So first is my reasoning correct and if so is there an easy formula to calculate these things?
Regards
Joris
Are you more interested in how to get the answer or in the answer itself? Most people just want to learn basic Strategy, not the math behind each hand.
The original Basic Strategy was done by a couple of air force guys using one of the most powerful computers available at the time. I think your phone is more powerful than that old computer.

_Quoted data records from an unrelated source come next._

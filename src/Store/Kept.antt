-- ===== src/Store/Kept.antt =====
-- What every statement, and so every composition of statements, keeps of the database.
use mergetrain.Prelude.{
  ℕ, ◌≡◌, Bool, true, false, Option, none, some, List, [], ◌∷◌, ◌⊎◌, inl, inr, arith,
}
use mergetrain.Model.{Job}
use mergetrain.Store.Defs.{
  Store, Error, Env, Outcome, ok, err, M, ◌>>=◌, return, raise, reads, modify, require, or_raise,
  immediate, queue_error,
}
use mergetrain.Store.Table.{get_job, get_jobs, find_job, update_counted, update_jobs}

-- The database after a call, also after one that raised.
abbrev pub final {ℓ} : {A : Type ℓ} → Outcome A → Store
final (ok a t) = t
final (err e t) = t

-- From a database with the property a call leaves one with the property, whatever its outcome.
pub record Keeps {ℓ} {A : Type ℓ} (P : Store → Type 0) (m : M A) : Type 0 where
  pub after : (s : Store) → P s → P (final (m s))

module _ {ℓ} {A : Type ℓ} (P : Store → Type 0) where
  pub Keeps-return : (a : A) → Keeps P (return a)
  Keeps-return a = record { after = λ s h. h }

  pub Keeps-raise : (e : Error) → Keeps P (raise {A = A} e)
  Keeps-raise e = record { after = λ s h. h }

  pub Keeps-reads : (f : Store → A) → Keeps P (reads f)
  Keeps-reads f = record { after = λ s h. h }

  pub Keeps-or_raise : (e : Error) (o : Option A) → Keeps P (or_raise e o)
  Keeps-or_raise e none = record { after = λ s h. h }
  Keeps-or_raise e (some a) = record { after = λ s h. h }

  immediate-final :
      (env : Env) (m : M A) (s : Store)
      → (final (immediate env m s) ≡ s) ⊎ (final (immediate env m s) ≡ final (m s))
  unfolding immediate
  immediate-final env m s = ground arith

  -- A rolled back transaction keeps everything.
  pub Keeps-immediate : (env : Env) (m : M A) → Keeps P m → Keeps P (immediate env m)
  Keeps-immediate env m k = record {
    after = λ s h. elim (immediate-final env m s) [ inl e ↦ rw e h | inr e ↦ rw e (k.after s h) ];
  }

module _ (P : Store → Type 0) where
  pub Keeps-modify : (f : Store → Store) → ((s : Store) → P s → P (f s)) → Keeps P (modify f)
  Keeps-modify f k = record { after = k }

  pub Keeps-require : (test : Bool) (e : Error) → Keeps P (require test e)
  Keeps-require true e = record { after = λ s h. h }
  Keeps-require false e = record { after = λ s h. h }

module _ {ℓ κ} {A : Type ℓ} {B : Type κ} (P : Store → Type 0) where
  bind_final :
      (o : Outcome A) (f : A → M B)
      → P (final o)
      → ((a : A) → Keeps P (f a))
      → P (final (elim o as (λ _. Outcome B) [ ok a t ↦ f a t | err e t ↦ err e t ]))
  bind_final (ok a t) f h k = (k a).after t h
  bind_final (err e t) f h k = h

  pub Keeps-bind :
      (m : M A) (f : A → M B) → Keeps P m → ((a : A) → Keeps P (f a)) → Keeps P (m >>= f)
  Keeps-bind m f k l = record { after = λ s h. bind_final (m s) f (k.after s h) l }

module _ (P : Store → Type 0) where
  pub Keeps-get_job : (k : ℕ) → Keeps P (get_job k)
  unfolding get_job
  Keeps-get_job k =
      Keeps-bind P (reads (find_job k)) (or_raise queue_error) (Keeps-reads P (find_job k))
        (Keeps-or_raise P queue_error)

  pub Keeps-get_jobs : (ks : List ℕ) → Keeps P (get_jobs ks)
  unfolding get_jobs
  Keeps-get_jobs [] = Keeps-return P []
  Keeps-get_jobs (k ∷ ks) =
      Keeps-bind P (get_job k) _ (Keeps-get_job k)
        (λ j. Keeps-bind P (get_jobs ks) _ (Keeps-get_jobs ks) (λ js. Keeps-return P (j ∷ js)))

  -- An update keeps what it keeps of the rows, and so does the count of its rows.
  pub Keeps-update_counted :
      (p : Job → Bool) (f : Job → Job)
      → ((s : Store) → P s → P (update_jobs p f s))
      → Keeps P (update_counted p f)
  Keeps-update_counted p f k = record { after = k }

Quote: joris1992I understand that when you have a 10 and a 6 and the dealer has a 8 the chance when you bust after you hit in a 52card deck is (16+4+3+4+3)/49 so 61%. So first thought would be it's better to stand, but that's not true because even if it is -EV, it could still be better than standing where the EV would be more negative. So if I try to calculate this for standing would that mean the following:
The chance that the dealer wins directly according to the stand on 17 or higher is (4+16+4)/49 is 49% then there all the other combinations like if the second card would be an 8, then there is the chance that the dealer wins 3/49*(4+4+4+4+5)/48=3%, this makes the subtotal 52% and so on if there is a 7,6,5,4,3,2,A as second card. There is even the chance that the dealercards turn out to be 822AAAA2.
So first is my reasoning correct and if so is there an easy formula to calculate these things?
It's a little hard to work out your reasoning, but I think you're on the right track. However, there's no easy way because of the recursions involved.
Here's the short version of how I did it:
It has to be done for each of the ten possible values of dealer's up card separately.
First, I calculated the probability of the dealer getting 17, 18, 19, 20, 21, or busting for that particular up card value, ignoring two-card 21s.
Next, I calculated the probability of winning by standing with a 21 (i.e. you win if the dealer has anything besides 21, and push with a 21) against hitting with a 21 (i.e. you always bust).
Then, I calculated the probability of winning by standing with a 20 (win with dealer 17-19 or bust, push with 20, lose with 21) against hitting with 20 (this is 1/13 x the probability of winning with 21 + 12/13 x losing by busting; this is why the probability of winning with 21 had to be calculated first).
Continue doing this all the way down to 3.
You then check the soft hands - for example, if you hit soft 18, it's 1/13 x (probability of winning with 19) + 1/13 x (soft 20) + 1/13 x (soft 21) + 1/13 x (hard 12) + 1/13 x (hard 13) + ... + 4/13 x (hard 18). Again, since lower numbers can have higher soft hands, you have to start with soft 20 ("soft 21" is "always stand") and work down to soft 12.
Then, you check the probability of winning if you double a particular hand against the already calculated probability of hitting or standing with that hand, to see if doubling is better, remembering to take into account that the bet on the doubled hand is now doubled.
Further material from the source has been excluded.